Pre-yield serrations in a Mg-based bulk metallic glass during compression

Bulk metallic glasses based on magnesium are brittle, which limits their widespread use for light-weight application. Many Mg-based bulk metallic glasses failed catastrophically with wavy fracture surfaces and split into fragments, in contrast to other bulk metallic glasses that fractured on a plane oriented at the highest shear stress. Under monotonic compression, a brittle Mg68Cu23Gd9 bulk metallic glass is examined here. In its elastic regime, there are a lot of pre-yield stress serrations, and after yielding, the results are zero plastic-strain and a wavy fracture with vein-like patterns and microcracks. Pre-yield serrations statistically follow a truncated power-law relationship with a power exponent that is nearly identical to the post-yield serrations of other bulk metallic glasses, suggesting microplastic events.
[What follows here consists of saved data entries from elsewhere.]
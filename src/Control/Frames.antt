-- ===== src/Control/Frames.antt =====
-- control.py: the frame of a command that fits.
use fpga_pi_parallel_nids.Prelude.{
  ◌≡◌, true, some, Result, ok, ◌>>=◌, ◌∙◌, overflow_error, arith, if◌then◌else◌, length,
}
use fpga_pi_parallel_nids.Prelude.Bytes.{Bytes}
use fpga_pi_parallel_nids.Control.{
  encode_bloom_write, encode_threshold_write, encode_rule_write, encode_bloom_read,
  encode_threshold_read, encode_rule_read,
}
use fpga_pi_parallel_nids.Control.Commands.{
  Command, bloom_write, threshold_write, rule_write, bloom_read, threshold_read, rule_read, encode,
  read_command, fits, cut, read_command-encode,
}

pub length-encode : (c : Command) (f : Bytes) → encode c ≡ ok f → length f ≡ 32
unfolding encode_bloom_write encode_threshold_write encode_rule_write encode_bloom_read
    encode_threshold_read encode_rule_read
length-encode (bloom_write addr value) f e = ground arith
length-encode (threshold_write tid value) f e = ground arith
length-encode (rule_write idx rule) f e = ground arith
length-encode (bloom_read addr) f e = ground arith
length-encode (threshold_read tid) f e = ground arith
length-encode (rule_read idx) f e = ground arith

frame_of_result :
    (c : Command) (r : Result Bytes)
    → (r >>= λ f. ok (read_command f)) ≡ ok (some (cut c))
    → (f : Bytes) × (r ≡ ok f) × (read_command f ≡ some (cut c))
frame_of_result c (ok f) e = (f, cc, cc)
frame_of_result c (Result.raise x) e = absurd cc

chosen :
    (c : Command)
    → fits c ≡ true
    → (if fits c then ok (some (cut c)) else Result.raise overflow_error) ≡ ok (some (cut c))
chosen c fit = rw fit

-- The frame of a command that fits is built, and the device reads the command in it.
pub command_frame :
    (c : Command)
    → fits c ≡ true
    → (f : Bytes) × (encode c ≡ ok f) × (read_command f ≡ some (cut c)) × (length f ≡ 32)
command_frame c fit =
    let (f, e, r) = frame_of_result c (encode c) (read_command-encode c ∙ chosen c fit) in
    (f, e, r, length-encode c f e)
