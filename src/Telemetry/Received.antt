-- ===== src/Telemetry/Received.antt =====
-- telemetry.py: what a frame of 32 bytes decodes to, whoever sent it.
use fpga_pi_parallel_nids.Prelude.{◌%◌, ◌^◌, ◌<◌, ◌≡◌, ok, arith, length, get_or, All}
use fpga_pi_parallel_nids.Prelude.Bits.{bit_and_mask}
use fpga_pi_parallel_nids.Prelude.Bytes.{Bytes, IsByte, from_bytes-slice-lt}
use fpga_pi_parallel_nids.Telemetry.{SnapResponse, be, decode_snapshot}

-- The fields of a snapshot fit their widths.
pub record IsReceived (s : SnapResponse) : Type 0 where
  pub key_bits : s.top1_key < 2 ^ 32
  pub count_bits : s.top1_count < 2 ^ 14
  pub zero_bits : s.zeros < 2 ^ 12

-- A frame of 32 bytes with the magic decodes, and its fields fit.
pub decode_snapshot-IsReceived :
    (frame : Bytes)
    → length frame ≡ 32
    → All IsByte frame
    → get_or frame 0 0 ≡ 0x5A
    → (s : SnapResponse) × (decode_snapshot frame ≡ ok s) × IsReceived s
unfolding decode_snapshot
decode_snapshot-IsReceived frame size bytes magic = (
  record {
    window = be frame 1 2;
    total = be frame 3 4;
    harmonic_sum = be frame 7 6;
    zeros = be frame 13 2 % 2 ^ 12;
    top1_count = be frame 15 2 % 2 ^ 14;
    top1_key = be frame 17 4;
  },
  ground (arith, bit_and_mask 12 (be frame 13 2), bit_and_mask 14 (be frame 15 2)),
  record {
    key_bits = from_bytes-slice-lt frame 17 21 bytes;
    count_bits = omega arith;
    zero_bits = omega arith;
  },
)
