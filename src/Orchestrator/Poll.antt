-- ===== src/Orchestrator/Poll.antt =====
-- demo/orchestrator.py: a poll of the snapshot, whatever the device answers.
use fpga_pi_parallel_nids.Prelude.{
  ◌≡◌, Option, none, some, ok, Bool-cases, inl, inr, arith, ◌==◌, length, get_or, All, length-set,
}
use fpga_pi_parallel_nids.Prelude.Bytes.{Bytes, IsByte, zeros}
use fpga_pi_parallel_nids.Telemetry.{SnapResponse, telemetry_magic}
use fpga_pi_parallel_nids.Telemetry.Received.{IsReceived, decode_snapshot-IsReceived}
use fpga_pi_parallel_nids.Orchestrator.{DemoState, op_snapshot, snap_frame, poll_snapshot}

-- What spidev documents of `xfer2`: it answers as many bytes as it was given.
pub record AnswersBytes {W : Type 0} (xfer2 : W → Bytes → W × Bytes) : Type 0 where
  pub answer_length : (w : W) (f : Bytes) → length (xfer2 w f).1 ≡ length f
  pub answer_bytes : (w : W) (f : Bytes) → All IsByte (xfer2 w f).1

abbrev pub HasReceived : Option SnapResponse → Type 0
HasReceived none = Unit
HasReceived (some s) = IsReceived s

pub some-IsReceived :
    (o : Option SnapResponse) (s : SnapResponse) → HasReceived o → o ≡ some s → IsReceived s
some-IsReceived none s received same = absurd cc
some-IsReceived (some t) s received same = ground (arith, received)

length-snap_frame : length snap_frame ≡ 32
unfolding snap_frame
length-snap_frame = length-set (zeros 32) 16 op_snapshot

module _ {W Name Time : Type 0} (xfer2 : W → Bytes → W × Bytes) (link : AnswersBytes xfer2) where
  -- A poll returns whatever the device answers. It changes nothing but the snapshot, and a new
  -- snapshot fits the fields of its frame; a frame with another magic leaves the old one.
  pub poll_snapshot_total :
      (w : W) (state : DemoState Name Time)
      → HasReceived state.snapshot
      → (w1 : W) × (o : Option SnapResponse) × (poll_snapshot xfer2 w state
          ≡ ok (w1, record state { snapshot = o }))
        × HasReceived o
  unfolding poll_snapshot
  poll_snapshot_total w state received =
      let (w1, _) = xfer2 w snap_frame in
      let (w2, rx) = xfer2 w1 (zeros 32) in
      let size : length rx ≡ 32 = link.answer_length w1 (zeros 32) in
      elim (Bool-cases (get_or rx 0 0 == telemetry_magic)) [
        | inl m ↦
            let (s, e, fits) =
              decode_snapshot-IsReceived rx size (link.answer_bytes w1 (zeros 32)) (ground arith) in
            (w2, some s, ground (arith, length-snap_frame, e, m), fits)
        | inr m ↦ (w2, state.snapshot, ground (arith, length-snap_frame, m), received)
      ]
Microcracking, on the other hand, prevents the formation of macro-plasticity, leading to a ductile-to-brittle transition that is brought on by compression. A high-pressure quenching technique that uses high pressure at a higher temperature can be used to suppress the pre-yield serrations. Statistical-distribution changes in the pre-yield serrations reveal how various thermo-mechanical processes alter the interior structures of brittle metallic glasses. The present work offers insights of the microstructural changes at the elastic regime, which may be useful for making plastic Mg-based metallic glass.